Information seekers, while they are not closely studied with respect to IRs, are well studied in general, and by understanding both the information-seeking process and the behaviour of this group in similar systems, we can make predictions about how they may use IRs. Their visits are likely to be short, with short searches, and they are likely to view only a few articles. They will make use of browsing features, if they are provided, and this could lead to better information seeking. Collectively, they will use a wide range of articles spread over a long period of time. Even academic information seekers use Google (or other commercial search engines) first; IRs that are harvested by search engines will see a higher level of use than those that are not. All that we know about information seekers should be incorporated into our design of information seeker interfaces within IRs, but the few usability studies available suggest this has not been the case.
Data creators and maintainers have been largely ignored in the literature; despite their role being completely new, we know very little about how it fits into other job responsibilities and expectations. The suitability of data maintenance interfaces to their users is also largely unknown, though the available literature suggests that improvements are needed in this area.

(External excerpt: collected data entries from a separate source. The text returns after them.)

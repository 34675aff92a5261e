-- ===== src/TimerQueue/Expire.antt =====
-- TimerQueue: what `getExpired` takes out.
use mynuduo.Base.{ℕ, ◌≡◌, refl, List, [], ◌∷◌}
use mynuduo.TimerQueue.{
  Seconds, TimerQueue, Entry, split_before, sentry, erase_expired, get_expired,
}
use mynuduo.TimerQueue.Order.{Each, IsSorted, IsAddr, CutAt, split_before-CutAt}

module _ (s : Seconds) where
  timers-erase_expired :
      (es : List Entry) (q : TimerQueue s) → (erase_expired s es q).timers ≡ q.timers
  unfolding erase_expired
  timers-erase_expired [] q = refl
  timers-erase_expired (e ∷ es) q = timers-erase_expired es _

  -- `getExpired`, where `timers_` is in order and holds real addresses: it takes out exactly the
  -- timers that are due at `now`, the ones due at this very time included, keeps exactly those that
  -- are due later, and loses none.
  pub get_expired-CutAt :
      (now : ℕ) (q : TimerQueue s)
      → IsSorted q.timers
      → Each IsAddr q.timers
      → CutAt now q.timers (get_expired s now q).0 (get_expired s now q).1.timers
  unfolding get_expired
  get_expired-CutAt now q h a =
      let c = split_before-CutAt now q.timers h a in
      let same =
        timers-erase_expired (split_before (sentry now) q.timers).0
          (record q { timers = (split_before (sentry now) q.timers).1 }) in
      rw same c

For IRs to attract the level of use they need to revolutionise digital scholarship, they must be both useful and usable. For IRs to be useful, they must first have information in them, and little is known about their usability for the group (data creators and maintainers) who create the information. We know that this group is made up of librarians and authors, for the most part, but we do not know how the work of populating an IR fits into their workflow. Thus far, usability reports have been largely negative, and we can make suggestions as to how to avoid these mistakes, but we cannot make general suggestions for good design of IRs from a data maintainer's perspective. Observational studies of data maintainers would provide an understanding of the tasks IRs are used for and the way they fit into data maintainers' larger work roles, and also suggest ways of improving the fit of IR software to the tasks for which it is used. More formal usability testing could then be used for fine-tuning the design of data maintainers' IR interfaces. Virtually nothing is known about IR end-users. We do not know how many people are using IRs, whether they are academics or lay people, or how they most often find IRs, though it is reasonable to suspect they may find IRs with Google, given that this is the starting point for most information seekers. Studies of usage logs from a well-populated IR could answer these questions, and provide avenues for further investigation into how we might improve information seekers' IR experience.
The work to prepare this review was funded by the ARROW Project (Australian Research Repositories Online to the World) . The ARROW Project is funded by the Australian Commonwealth Department of Education, Science and Training, under the Research Information Infrastructure Framework for Australian Higher Education.